Written by Roger Ryan

“Artchain global endeavours to build an autonomous blockchain underlying architecture and a trading platform for the art industry and the economy as a whole.”

No small feat then for Kay Sprague and her well-esteemed team. The aim of this dynamic project is to highly liquidise a notoriously illiquid market and, although art has come forward with the rise of the internet, your standard personal investor will scorn at the thought of the higher risk lower return investment. Art under-performed in comparison to the Americas’ stock market from 1972-2010 with growth of just 6.5% per annum (reference 1) in comparison to the S&P 500 average annual return of 11.76% (reference 2) for the same period. Alongside this the opinion bias that influences Arts value can be tougher to grasp than your standard trading Profit and Loss Account.

Running on the permissioned public HyperLedger Fabric the technology is well and truly proven with some of the biggest players in the space utilising this platform (IBM, Intel, Cisco & JP Morgan). Reading the whitepaper you get the sense that this team has put together a well-equipped concept that allows for future development and adaptability to move with blockchain advancements over the coming years. It is not a true open source blockchain project but I think that is irrelevant for the majority of artists, art investors and galleries. They want a safe secure and open marketplace that verifies the legitimacy, sales history and further liquidises a market that is said to be worth $1 trillion USD. Artchain delivers that.

It motivates community development by incentivizing artists to list their work by distributing ACG to them tokens based upon their current status. It also requests a high level of community developer involvement and has accounted for this in the crowdfunding distribution tokens (10% of tokens to outstanding contributors of the community). The only limitation I would infer from the whitepaper is the lack of scope that has been allowed for the physical processing and delivery of these goods. The major limitation on art’s illiquid nature is not solely the platform it is traded upon but also the actual physical deliverance of these goods. It is indicated that this system will have the capability to link with IND 4.0, IOT smart tech in the future. I think it is vital to the development of the project to clearly define how they plan to transport, deliver these works to ensure the safety and quality of such valuable assets.

Crowdfunding round is currently going through stage 1 with a bonus of 7% being offered on a purchase with a value of $0.03 per token. A minimum of 3 Ethereum are to be invested taking today’s price of $691 per Ethereum that’s $2073 minimum investment into an ICO this will be off-putting to the smaller investors that would be willing to take a risk but it will not dissuade the genuine art collectors & investors.
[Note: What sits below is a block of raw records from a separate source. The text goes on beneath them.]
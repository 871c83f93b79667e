-- ===== src/Tests/Unit.antt =====
-- The service's own unit tests of its repositories, tests/unit/repositories, as runs of the model.
use flowtona.Common.{
  ◌≡◌, refl, ℕ, String, Text, codes, Option, none, some, List, [], ◌∷◌, DateTime, aware, Result, ok,
  err,
}
use flowtona.Common.Action.{◌>>=◌, ◌>>◌, pure, gets, lift}
use flowtona.Exceptions.{
  Uuid, Error, duplicate_entry, concurrent_update, not_implemented_error, by_uuid,
}
use flowtona.Models.Membership
use flowtona.Models.Membership.{TenantMembership, Role, owner, technician, dispatcher}
use flowtona.Models.RefreshToken.{Status, active, revoked}
use flowtona.Models.RefreshToken
use flowtona.Models.EmailVerification
use flowtona.Models.Invitation
use flowtona.Models.User
use flowtona.Store.{Method, empty}
use flowtona.Repositories.UserRepository
use flowtona.Repositories.MembershipRepository
use flowtona.Repositories.InvitationRepository
use flowtona.Repositories.EmailVerificationRepository
use flowtona.Repositories.RefreshTokenRepository
use flowtona.Tests.Stores.{accepts}

-- What a test sees of a run from an empty store.
abbrev result : {A : Type 0} → Method A → Result Error A
result m = (m empty).0

abbrev now : DateTime
now = aware 1000

abbrev later : DateTime
later = aware 1900

-- Tests name a user, a tenant and a family by a number, and a record by the UUID that it is given.
abbrev issue : Uuid → Uuid → String → Uuid → Method (Option Status)
issue tenant family hash id = do
  RefreshTokenRepository.create 1 tenant family (codes hash) later id now
  pure none

abbrev status_of : String → Method (Option Status)
status_of hash = do
  answer ← gets (λ s. RefreshTokenRepository.get_by_token_hash (codes hash) s)
  found ← lift answer
  pure (elim found [ none ↦ none | some t ↦ some t.status ])

-- test_token_cannot_rotate_twice
token_cannot_rotate_twice :
    result (do
      issue 2 3 "hash1" 7
      RefreshTokenRepository.mark_rotated (codes "hash1") 8 now
      RefreshTokenRepository.mark_rotated (codes "hash1") 9 now)
    ≡ err (concurrent_update "refresh_token" (by_uuid 7) (some "active") (some "rotated"))
unfolding RefreshTokenRepository.create flowtona.Common.lookup RefreshToken.validate
    RefreshTokenRepository.mark_rotated flowtona.Common.insert flowtona.Common.list_beq
token_cannot_rotate_twice = refl

-- test_family_revocation_includes_rotated_ancestors
family_revocation_includes_rotated_ancestors :
    result {A = ℕ × Option Status × Option Status} (do
      issue 2 3 "hashA" 7
      RefreshTokenRepository.mark_rotated (codes "hashA") 9 now
      issue 2 3 "hashB" 8
      count ← RefreshTokenRepository.revoke_family 3 now
      a ← status_of "hashA"
      b ← status_of "hashB"
      pure (count, a, b))
    ≡ ok (2, some revoked, some revoked)
unfolding RefreshTokenRepository.create flowtona.Common.lookup RefreshToken.validate
    RefreshTokenRepository.mark_rotated flowtona.Common.insert flowtona.Common.list_beq
    RefreshTokenRepository.revoke_family flowtona.Common.Action.for_each RefreshTokenRepository.add
    RefreshTokenRepository.revoke_member RefreshTokenRepository.revoke
    RefreshTokenRepository.get_by_token_hash
family_revocation_includes_rotated_ancestors = refl

-- test_logout_all_covers_all_families_but_not_another_tenant
logout_all_covers_all_families_but_not_another_tenant :
    result {A = ℕ × Option Status × Option Status × Option Status} (do
      issue 2 3 "device1" 7
      issue 2 4 "device2" 8
      issue 5 6 "device3-other-tenant" 9
      count ← RefreshTokenRepository.revoke_all_active 1 2 now
      a ← status_of "device1"
      b ← status_of "device2"
      c ← status_of "device3-other-tenant"
      pure (count, a, b, c))
    ≡ ok (2, some revoked, some revoked, some active)
unfolding RefreshTokenRepository.create flowtona.Common.lookup RefreshToken.validate
    flowtona.Common.insert flowtona.Common.list_beq RefreshTokenRepository.revoke_all_active
    flowtona.Common.Action.for_each RefreshTokenRepository.revoke_item RefreshTokenRepository.revoke
    RefreshTokenRepository.get_by_token_hash
logout_all_covers_all_families_but_not_another_tenant = refl

-- test_duplicate_email_rejected_under_concurrent_creation, in the order of the calls
duplicate_email_rejected :
    result (do
      UserRepository.create accepts (codes "Dana@Example.com") [] [] 1 now
      UserRepository.create accepts (codes "dana@example.com") [] [] 2 now)
    ≡ err (duplicate_entry "user" "email")
unfolding UserRepository.create flowtona.Common.lookup User.validate flowtona.Email.normalise_email
    flowtona.Common.insert flowtona.Common.list_beq
duplicate_email_rejected = refl

-- test_duplicate_membership_rejected
duplicate_membership_rejected :
    result (do
      MembershipRepository.create 1 2 owner 7 now
      MembershipRepository.create 1 2 technician 8 now)
    ≡ err (duplicate_entry "membership" "user_tenant")
unfolding MembershipRepository.create flowtona.Common.lookup flowtona.Common.insert
duplicate_membership_rejected = refl

-- test_membership_listing_preserves_insertion_order
membership_listing_preserves_insertion_order :
    result (do
      a ← MembershipRepository.create 1 2 owner 7 now
      b ← MembershipRepository.create 1 3 technician 8 now
      c ← MembershipRepository.create 1 4 dispatcher 9 now
      answer ← gets (λ s. MembershipRepository.get_memberships_for_user 1 s)
      lift answer)
    ≡ ok (
        Membership.fresh 7 1 2 owner now
        ∷ Membership.fresh 8 1 3 technician now
        ∷ Membership.fresh 9 1 4 dispatcher now
        ∷ [])
unfolding MembershipRepository.create flowtona.Common.lookup flowtona.Common.insert
    MembershipRepository.get_memberships_for_user
membership_listing_preserves_insertion_order = refl

-- test_update_rejects_identity_field_change
update_rejects_identity_field_change :
    result (do
      membership ← MembershipRepository.create 1 2 owner 7 now
      MembershipRepository.update (record membership { tenant_id = 3 }))
    ≡ err not_implemented_error
unfolding MembershipRepository.create flowtona.Common.lookup MembershipRepository.update
    flowtona.Common.insert
update_rejects_identity_field_change = refl

-- test_acceptance_rejects_expired
acceptance_rejects_expired :
    result (do
      InvitationRepository.create accepts 2
          (codes "new.tech@example.com")
          technician
          (codes "hash")
          1
          later
          7
          now
      InvitationRepository.mark_accepted accepts 7 (aware 2000))
    ≡ err (concurrent_update "invitation" (by_uuid 7) (some "unexpired") (some "expired"))
unfolding InvitationRepository.create flowtona.Common.lookup Invitation.validate
    flowtona.Email.normalise_email Invitation.check_expiry_ordering
    Invitation.check_accepted_at_present_when_accepted InvitationRepository.mark_accepted
    flowtona.Common.insert
acceptance_rejects_expired = refl

-- test_resend_revokes_all_prior_pending_records
resend_revokes_all_prior_pending_records :
    result (do
      EmailVerificationRepository.create accepts 1
          (codes "dana@example.com")
          (codes "hash1")
          later
          7
          now
      EmailVerificationRepository.create accepts 1
          (codes "dana@example.com")
          (codes "hash2")
          later
          8
          now
      EmailVerificationRepository.create accepts 2
          (codes "other@example.com")
          (codes "hash3")
          later
          9
          now
      EmailVerificationRepository.revoke_pending_for_user accepts 1 now)
    ≡ ok 2
unfolding EmailVerificationRepository.create flowtona.Common.lookup EmailVerification.validate
    flowtona.Email.normalise_email EmailVerification.check_status_timestamps flowtona.Common.insert
    flowtona.Common.list_beq EmailVerificationRepository.revoke_pending_for_user
    flowtona.Common.Action.for_each EmailVerificationRepository.revoke_item
resend_revokes_all_prior_pending_records = refl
Artchain, I believe, is a good project with a strong team and a solid operating platform. The art market is a weird, wonderful and often a dangerous place for your typical investor. Artchain does address a lot of issues within the market and the aim of expanding this as a global trading platform it could transform today’s art industry. I believe the barriers to entry of the crowdfunding will be counterproductive to their ultimate goal but long term it’s a viable solution to consolidate a market that is dispersed globally in such an inefficient manner.